# polynomial Inequalities

• October 4th 2013, 07:30 AM
darkangel06
polynomial Inequalities
The function s(t)= -1/2gt2 +v0t +So can be used to calculate s, the height above a planet's surface in meters, where g is the acceleration due to gravity t is the time in seconds,Vo is the initial velocity in meters per second and so is the initial height in meters.
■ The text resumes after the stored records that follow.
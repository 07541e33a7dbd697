-- ===== src/Stream/Tests.antt =====
-- internal/core/stream on a channel with two upstreams, the first of them behind two proxies.
use tvr.Base.{
  ℕ, ◌+◌, ◌<◌, true, false, List, [], ◌∷◌, ◌++◌, none, some, length, get_elem?, take, replicate,
  map, ◌≡◌, ◌≢◌, refl, arith, Text, codes, trim_space, text_eq, to_lower, lookup, insert, delete,
  nat_eq,
}
use tvr.Base.Int.{pos}
use tvr.Mpegts.Header.{has_random_access}
use tvr.Upstream.Policy.{parse_policy, parse_pick_policy, pick_index}
use tvr.Upstream.Source.{Upstream, Source, clean, normalize, is_fallback, fetch_urls, start_index}
use tvr.Transcode.Profile.{default_profile}
use tvr.Stream.Session.{Session, Viewer, Options, StreamError, ready_timeout, upstream_failed}
use tvr.Stream.Packets.{startup_packets, keyframe_suffix, keyframe_loop}
use tvr.Stream.Packets.Keyframe.{
  FirstFlag, IsWhole, flag_at, keyframe_suffix-some, keyframe_suffix-none,
}
use tvr.Stream.Viewers.{add_viewer, settle, broadcast}
use tvr.Stream.Viewers.Invariant.{Inv}
use tvr.Stream.Viewers.Sending.{KeysDistinct, Outcome, broadcast-Outcome}
use tvr.Stream.Ready.{wait_ready, fail_ready, stop}
use tvr.Stream.Ready.Once.{ReadyState, undecided}
use tvr.Stream.Walk.{apply_current_upstream, urls_at, attempt_budget}
use tvr.Stream.Run.{stop_signal, rounds}
use tvr.Stream.Run.Attempt
use tvr.Stream.Run.Failover.{Starts, FailedBy, failover_tries_every_url, failover_gives_up}
use tvr.Stream.Run.Failures.{Failure, as_round}
use tvr.Stream.Calls.{Call, subscribe, leave, media, ready, stops, steps}
use tvr.Stream.Calls.Safety.{steps-Inv}
use tvr.Stream.Calls.Readiness.{wait_ready-steps, wait_ready-stop, steps-ReadyState}
use tvr.Stream.Manager.{new_session}

abbrev upstream_of : Text → List Text → Upstream
upstream_of url candidates = record {
  id = codes "u";
  url = url;
  headers = [];
  candidates = candidates;
  transcode = false;
  revision = [];
}

abbrev source : Source
source = record {
  policy = codes "failover";
  upstreams =
      upstream_of (codes "http://a/1") (codes "http://p/1" ∷ codes "http://q/1" ∷ [])
      ∷ upstream_of (codes "http://b/1") []
      ∷ [];
  fixed_index = pos 0;
  transcode = false;
  revision = codes "r1";
}

abbrev options : Options
options = record { buffer_size = 8; idle_timeout = pos 30; conn_timeout = pos 10 }

abbrev first_of : ℕ → ℕ
first_of n = 0

abbrev host_of : Text → Text
host_of url = url

-- A new session, and the same with two viewers.
abbrev fresh : Session
fresh = new_session first_of (codes "c1") source options default_profile 1

abbrev watched : Session
watched = (add_viewer 8 (add_viewer 2 fresh).0).0

watched-Starts : Starts watched
unfolding new_session add_viewer settle normalize clean apply_current_upstream parse_policy
    parse_pick_policy start_index pick_index is_fallback fetch_urls default_profile text_eq
    trim_space to_lower insert delete
watched-Starts = record {
  waiting = (omega arith, refl, refl, refl, refl);
  fresh = refl;
  first_url = refl;
  in_range = omega arith;
}

abbrev failure : StreamError → Failure
failure e = record {
  wait = stop_signal;
  meanwhile = λ s. s;
  stop_first = false;
  ending = Attempt.fails e;
}

abbrev time_out : Failure
time_out = record {
  wait = stop_signal;
  meanwhile = λ s. s;
  stop_first = false;
  ending = Attempt.times_out none;
}

abbrev two_failures : List Failure
two_failures = failure upstream_failed ∷ time_out ∷ []

budget : length two_failures + 1 ≡ attempt_budget watched
unfolding attempt_budget new_session add_viewer settle normalize clean apply_current_upstream
    parse_policy parse_pick_policy start_index pick_index is_fallback fetch_urls default_profile
    text_eq trim_space to_lower insert delete
budget = refl

second_in_range : 1 < length watched.source.upstreams
unfolding new_session add_viewer settle normalize clean apply_current_upstream parse_policy
    parse_pick_policy start_index pick_index is_fallback fetch_urls default_profile text_eq
    trim_space to_lower insert delete
second_in_range = omega arith

first_url_in_range : 0 < length (urls_at watched.source.upstreams 1)
unfolding new_session add_viewer settle normalize clean apply_current_upstream parse_policy
    parse_pick_policy start_index pick_index is_fallback fetch_urls default_profile text_eq
    trim_space to_lower insert delete
first_url_in_range = omega arith

failover_tries_every_url_example :
    (k : ℕ) × (t : Session) × (rounds (map as_round (take k two_failures)) (watched, 5)
      ≡ (false, t, 5))
    × (get_elem? (urls_at watched.source.upstreams 1) 0
        ≡ some (apply_current_upstream t).upstream.url)
failover_tries_every_url_example =
    failover_tries_every_url watched two_failures 5 1 0 watched-Starts budget second_in_range
      first_url_in_range

failover_gives_up_example :
    (t : Session) × (rounds (map as_round (two_failures ++ time_out ∷ [])) (watched, 5)
      ≡ (true, t, 5))
    × FailedBy ready_timeout t
failover_gives_up_example = failover_gives_up watched two_failures time_out 5 watched-Starts budget

watched-ReadyState : ReadyState watched
unfolding new_session add_viewer settle normalize clean apply_current_upstream parse_policy
    parse_pick_policy start_index pick_index is_fallback fetch_urls default_profile text_eq
    trim_space to_lower insert delete
watched-ReadyState = undecided refl refl refl refl

fresh-Inv : Inv fresh
unfolding new_session add_viewer settle normalize clean apply_current_upstream parse_policy
    parse_pick_policy start_index pick_index is_fallback fetch_urls default_profile text_eq
    trim_space to_lower insert delete
fresh-Inv = record { live = tt; left = tt; distinct = tt }

abbrev calls : List Call
calls = subscribe 2 ∷ media (replicate 188 71) ∷ subscribe 1 ∷ leave 1 ∷ ready 7 ∷ stops ∷ []

steps-Inv_example : Inv (steps calls fresh)
steps-Inv_example = steps-Inv calls fresh fresh-Inv

steps-ReadyState_example : ReadyState (steps calls watched)
steps-ReadyState_example = steps-ReadyState calls watched watched-ReadyState

abbrev failed : Session
failed = fail_ready (some ready_timeout) watched

failed_ready : wait_ready failed ≡ some (some ready_timeout)
unfolding wait_ready fail_ready new_session add_viewer settle normalize clean apply_current_upstream
    parse_policy parse_pick_policy start_index pick_index is_fallback fetch_urls default_profile
    text_eq trim_space to_lower insert delete
failed_ready = refl

wait_ready-steps_example : wait_ready (steps calls failed) ≡ some (some ready_timeout)
wait_ready-steps_example = wait_ready-steps calls failed (some ready_timeout) failed_ready

wait_ready-stop_example : wait_ready (steps calls (stop (steps calls watched))) ≢ none
unfolding new_session add_viewer settle normalize clean apply_current_upstream parse_policy
    parse_pick_policy start_index pick_index is_fallback fetch_urls default_profile text_eq
    trim_space to_lower insert delete
wait_ready-stop_example = wait_ready-stop calls calls watched refl refl refl refl

-- A packet without the random-access flag, and one with it.
abbrev plain : List ℕ
plain = 71 ∷ 65 ∷ 0 ∷ 16 ∷ replicate 184 1

abbrev flagged : List ℕ
flagged = 71 ∷ 65 ∷ 0 ∷ 48 ∷ 7 ∷ 64 ∷ replicate 182 2

keyframe_found : keyframe_suffix (plain ++ flagged) ≡ some flagged
unfolding keyframe_suffix keyframe_loop has_random_access
keyframe_found = refl

keyframe_suffix-some_example : FirstFlag (plain ++ flagged) flagged
keyframe_suffix-some_example = keyframe_suffix-some (plain ++ flagged) keyframe_found

no_keyframe : keyframe_suffix (plain ++ plain) ≡ none
unfolding keyframe_suffix keyframe_loop has_random_access
no_keyframe = refl

second-IsWhole : IsWhole 1 (plain ++ plain)
second-IsWhole = omega arith

keyframe_suffix-none_example : flag_at 1 (plain ++ plain) ≡ false
keyframe_suffix-none_example = keyframe_suffix-none (plain ++ plain) 1 no_keyframe second-IsWhole

abbrev first_viewer : Viewer
first_viewer = record { id = 1; queue = []; cap = 2; closed = false; wait_keyframe = false }

watched-KeysDistinct : KeysDistinct watched.viewers
unfolding lookup new_session add_viewer settle normalize clean apply_current_upstream parse_policy
    parse_pick_policy start_index pick_index is_fallback fetch_urls default_profile text_eq
    trim_space to_lower insert delete
watched-KeysDistinct = (refl, (refl, tt))

first_watches : lookup 1 watched.viewers ≡ some first_viewer
unfolding lookup startup_packets new_session add_viewer settle normalize clean
    apply_current_upstream parse_policy parse_pick_policy start_index pick_index is_fallback
    fetch_urls default_profile text_eq trim_space to_lower insert delete
first_watches = refl

broadcast-Outcome_example :
    Outcome
      (startup_packets watched)
      flagged
      first_viewer
      (lookup 1 (broadcast flagged watched).viewers)
broadcast-Outcome_example =
    broadcast-Outcome flagged watched 1 first_viewer watched-KeysDistinct first_watches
The acceleration due to gravity on mars is g=-3.92 m/s2. Find to two decimal places how long it takes an object to hit the surface of mars if the object is dropped from 1000m above the surface.
• October 4th 2013, 07:42 AM
ebaines
Re: polynomial Inequalities
I don't understand why you titled this thread "polynomial inequalities." From the data you have been given you have $s=0m,\ v_o=0 m/s, \ s_0=2000m$. So the formula becomes:

$0m = -\frac 1 2 (3.92\frac m {s^2} ) t^2 + 0t +1000m$

Rearrange and solve for t.
• October 4th 2013, 07:55 AM
darkangel06
Re: polynomial Inequalities
because thats what it is :/
• October 4th 2013, 07:59 AM
darkangel06
Re: polynomial Inequalities
Ok if i solve this using the quadratic formula it is unsolvable
• October 4th 2013, 08:07 AM
ebaines
Re: polynomial Inequalities
Quote:

Originally Posted by darkangel06
Ok if i solve this using the quadratic formula it is unsolvable

This is simpler than you think, and it's not an inequality:

$0 = - \frac 1 2 (3.92 \frac m {s^2})t^2 +1000$

$\frac 1 2 (3.92 \frac m {s^2})t^2 = 1000$

$t^2 = \frac { 1000 m} {\frac 1 2 (3.92 \frac m {s^2})}$

$t = \sqrt {\frac {2 (1000m)}{3.92 \frac m {s^2}}}$

You can use the quadratic formula if you want to find the roots of $at^2 +bt+c = 0$, where $a= - \frac 1 2 (3.92), \ b=0,\ c = 1000$. Don't forget that minus sign in the 'a' coefficient!
• October 4th 2013, 08:42 AM
darkangel06
Re: polynomial Inequalities
well g= -3.92 not +3.92
• October 4th 2013, 10:26 AM
votan
Re: polynomial Inequalities
Quote:

Originally Posted by darkangel06
well g= -3.92 not +3.92

if a is acceleration, you would write s = at^2
if the acceleration is negatinve, as in the gravity, a = -3.92.